= Data for the task =
-- ===== src/Platform/Keys.antt =====
-- Keys: columns on which no two rows of a table agree.
use arcane_backend.Common.{Bool, false, List, ◌≡◌, sym, ap, ◌∙◌, inl, inr, ◌⊎◌, ◌≢◌, Memᴰ}
use arcane_backend.Platform.{Platform}
use arcane_backend.Platform.Laws.{IsLawful}

abbrev pub IsKey : {E K : Type 0} → (E → K) → List E → Type 0
IsKey {E} key rows = (x y : E) → Memᴰ x rows → Memᴰ y rows → key x ≡ key y → x ≡ y

module _ {E K : Type 0} (p : Platform) (laws : IsLawful p) (key : E → K) (rows : List E)
    (unique : IsKey key rows) where
  -- Where one row is new and all others are old, and none of these has its key.
  join :
      (y x z : E) {Old : E → Type 0}
      → ((q : E) → Old q → Memᴰ q rows × (key q ≢ key y))
      → (x ≡ y) ⊎ Old x
      → (z ≡ y) ⊎ Old z
      → key x ≡ key z
      → x ≡ z
  join y x z old (inl a) (inl b) e = a ∙ sym b
  join y x z old (inl a) (inr k) e = absurd ((old z k).1 (sym e ∙ ap key a))
  join y x z old (inr m) (inl b) e = absurd ((old x m).1 (e ∙ ap key b))
  join y x z old (inr m) (inr k) e = unique x z (old x m).0 (old z k).0 e

  pub insert-IsKey : (y : E) → ((x : E) → Memᴰ x rows → key x ≢ key y) → IsKey key (p.insert y rows)
  insert-IsKey y fresh x z m k =
      join y x z (λ q h. (h, fresh q h)) ((laws.mem_insert y rows x).0 m)
        ((laws.mem_insert y rows z).0 k)

  pub replace-IsKey :
      (test : E → Bool) (y : E)
      → ((x : E) → Memᴰ x rows → test x ≡ false → key x ≢ key y)
      → IsKey key (p.replace test y rows)
  replace-IsKey test y free x z m k =
      join y x z {Old = λ q. Memᴰ q rows × (test q ≡ false)} (λ q h. (h.0, free q h.0 h.1))
        (cases x m) (cases z k)
    where
      cases : (x : E) → Memᴰ x (p.replace test y rows) → (x ≡ y) ⊎ (Memᴰ x rows × (test x ≡ false))
      cases x m = elim ((laws.mem_replace test y rows x).0 m) [ inl h ↦ inr h | inr (e, _) ↦ inl e ]

  pub remove-IsKey : (test : E → Bool) → IsKey key (p.remove test rows)
  remove-IsKey test x z m k =
      unique x z ((laws.mem_remove test rows x).0 m).0 ((laws.mem_remove test rows z).0 k).0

= Assignment =
The answer must be all of the entries, restated exactly.

= Response box =
-- ===== src/Platform/Keys.antt =====
-- Keys: columns on which no two rows of a table agree.
use arcane_backend.Common.{Bool, false, List, ◌≡◌, sym, ap, ◌∙◌, inl, inr, ◌⊎◌, ◌≢◌, Memᴰ}
use arcane_backend.Platform.{Platform}
use arcane_backend.Platform.Laws.{IsLawful}

abbrev pub IsKey : {E K : Type 0} → (E → K) → List E → Type 0
IsKey {E} key rows = (x y : E) → Memᴰ x rows → Memᴰ y rows → key x ≡ key y → x ≡ y

module _ {E K : Type 0} (p : Platform) (laws : IsLawful p) (key : E → K) (rows : List E)
    (unique : IsKey key rows) where
  -- Where one row is new and all others are old, and none of these has its key.
  join :
      (y x z : E) {Old : E → Type 0}
      → ((q : E) → Old q → Memᴰ q rows × (key q ≢ key y))
      → (x ≡ y) ⊎ Old x
      → (z ≡ y) ⊎ Old z
      → key x ≡ key z
      → x ≡ z
  join y x z old (inl a) (inl b) e = a ∙ sym b
  join y x z old (inl a) (inr k) e = absurd ((old z k).1 (sym e ∙ ap key a))
  join y x z old (inr m) (inl b) e = absurd ((old x m).1 (e ∙ ap key b))
  join y x z old (inr m) (inr k) e = unique x z (old x m).0 (old z k).0 e

  pub insert-IsKey : (y : E) → ((x : E) → Memᴰ x rows → key x ≢ key y) → IsKey key (p.insert y rows)
  insert-IsKey y fresh x z m k =
      join y x z (λ q h. (h, fresh q h)) ((laws.mem_insert y rows x).0 m)
        ((laws.mem_insert y rows z).0 k)

  pub replace-IsKey :
      (test : E → Bool) (y : E)
      → ((x : E) → Memᴰ x rows → test x ≡ false → key x ≢ key y)
      → IsKey key (p.replace test y rows)
  replace-IsKey test y free x z m k =
      join y x z {Old = λ q. Memᴰ q rows × (test q ≡ false)} (λ q h. (h.0, free q h.0 h.1))
        (cases x m) (cases z k)
    where
      cases : (x : E) → Memᴰ x (p.replace test y rows) → (x ≡ y) ⊎ (Memᴰ x rows × (test x ≡ false))
      cases x m = elim ((laws.mem_replace test y rows x).0 m) [ inl h ↦ inr h | inr (e, _) ↦ inl e ]

  pub remove-IsKey : (test : E → Bool) → IsKey key (p.remove test rows)
  remove-IsKey test x z m k =
      unique x z ((laws.mem_remove test rows x).0 m).0 ((laws.mem_remove test rows z).0 k).0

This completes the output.